Comment 31 Boris Zbarsky [:bz] (still a bit busy) 2003-03-13 21:01:36 PST
>  It's UTF-8. I'll make it clear.

Make it return a AUTF8String.  That should make it plenty clear... ;)
Comment 32 Jungshik Shin 2003-03-13 22:48:37 PST
>>  It's UTF-8. I'll make it clear.

>Make it return a AUTF8String.

  Ooops. It's not UTF-8 but it's US-ASCII. Because input urlSpec
is url-unescaped, converted to UTF-8 if necessary, and url-escaped
back before being returned. So I have to keep ACString. 

> nsIEnsureUTF8.idl should not contain C++ goop

  By this, I guess you meant removing CONTRACTID and
CID definitions for class implementing interface
and putting them in the header file
for a collection of CONTRACTIDs and CIDs for  the 
module the implementation belongs to (nsUConvModule in this case). 
Do you want me to go ahead and make this header file and
move all #defines's for CONTRACTIDs and CIDs  in intl/uconv/idl/*.idl
there? Hmm.. I'd rather not for this bug. Because then I have
to hunt for every single file refering  to nsIxxxxx corresponding to
intl/uconv/idl/*idl and get them to include nsUConvCID.h(yet to
be created) as well. 
 
In case of nsIMIMEHeaderParam.idl, I can just remove
C++ defines and put them in preexisting nsNetCID.h.

BTW, why do so many idl files have these defines? I'm aware
that no matter how many files may have this glitch, it doesn't
make the practice right, but am just curious. 

Or, did you mean a totally different thing?
 
  
exist  
Comment 33 Boris Zbarsky [:bz] (still a bit busy) 2003-03-13 23:04:18 PST
Yeah, I meant the CID/Contractid.  There's no particular need for a #define for
the contractid anyway; people should just use the string, imo.  But yeah, you
could create such a file for uconv; no need to do major cleanup, just start with
putting these in there.  ;)

As for why they're in IDL, someone who didn't have a clear understanding of the
difference between an interface and a contract decided it'd save time to do it
and the rest was history.  
Comment 34 Jungshik Shin 2003-03-13 23:37:15 PST
Thank you. I'll do it. BTW, I've just found what I'd been
looking for for a while (methods like ReplaceChar,
StripWhiteSpace..) that would simplify things a bit in my patch.
Why haven't they been  advertised?

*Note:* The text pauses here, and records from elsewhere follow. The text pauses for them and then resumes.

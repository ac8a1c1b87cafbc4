-- ===== src/MapIdx/Extent.antt =====
-- `detail::MapIdx` of include/alpaka/idx/MapIdx.hpp. A division by zero, which C++ leaves undefined,
-- gives 0 here; it is met only where an extent, or a product of extents modulo 2 ^ w, is 0.
pub mod Laws
use alpaka.Base.{ℕ, ◌+◌, ◌*◌, ◌/◌, ◌%◌, [], ◌∷◌, wrap}
use alpaka.Vec.Fold.{Vec}

module _ (w : ℕ) where
  -- The components of all but the slow dimension, from the last one on, with the product of the
  -- extents passed, `hyperPlanesBefore`.
  unfoldable pub planes : ℕ → Vec → ℕ × Vec
  planes idx [] = (1, [])
  planes idx (e ∷ []) = (e, wrap w (idx % e) ∷ [])
  planes idx (e ∷ f ∷ es) =
      let (before, done) = planes idx (f ∷ es) in
      (wrap w (before * e), wrap w (idx / before % e) ∷ done)

  -- From 1 dimension to several; the slow dimension is not reduced by its extent.
  unfoldable pub map_idx_to_nd : ℕ → Vec → Vec
  unfolding planes
  map_idx_to_nd idx [] = []
  map_idx_to_nd idx (e ∷ es) = let (before, done) = planes idx es in wrap w (idx / before) ∷ done

  unfoldable pub flatten : ℕ → Vec → Vec → ℕ
  flatten idx_1d [] extent = idx_1d
  flatten idx_1d (i ∷ idx) [] = idx_1d
  flatten idx_1d (i ∷ idx) (e ∷ extent) = flatten (wrap w (idx_1d * e + i)) idx extent

  -- From several dimensions to 1. The extent of the slow dimension is not read.
  unfoldable pub map_idx_to_1d : Vec → Vec → ℕ
  unfolding flatten
  map_idx_to_1d [] extent = 0
  map_idx_to_1d (i ∷ idx) [] = i
  map_idx_to_1d (i ∷ idx) (e ∷ extent) = flatten i idx extent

Is it because new implementations
for them haven't yet been delivered?

Another question.. Is the regular expression engine used by Javascript
interpreter available in a form or another to other parts of mozilla? 
Comment 35 Boris Zbarsky [:bz] (still a bit busy) 2003-03-13 23:44:11 PST
Those functions tend to have somewhat slow implementations, so they're
discouraged except when they're clearly the best option... But if you're in code
where perf is not critical, go for it.

As for regexps... bug 106590
Comment 36 Christian :Biesinger (don't email me, ping me on IRC) 2003-03-14 07:18:39 PST
>  Because there's another one with almost identical name that's only
>used internally and by mailnews as a wrapper.

To me, that sounds like a bad reason...
If it's only used internally, I don't think it should be advertised in an idl
file... and can mailnews directly use the other function?
Comment 37 Jungshik Shin 2003-03-14 14:53:26 PST
> I don't think it should be advertised in an idl
> file... and can mailnews directly use the other function?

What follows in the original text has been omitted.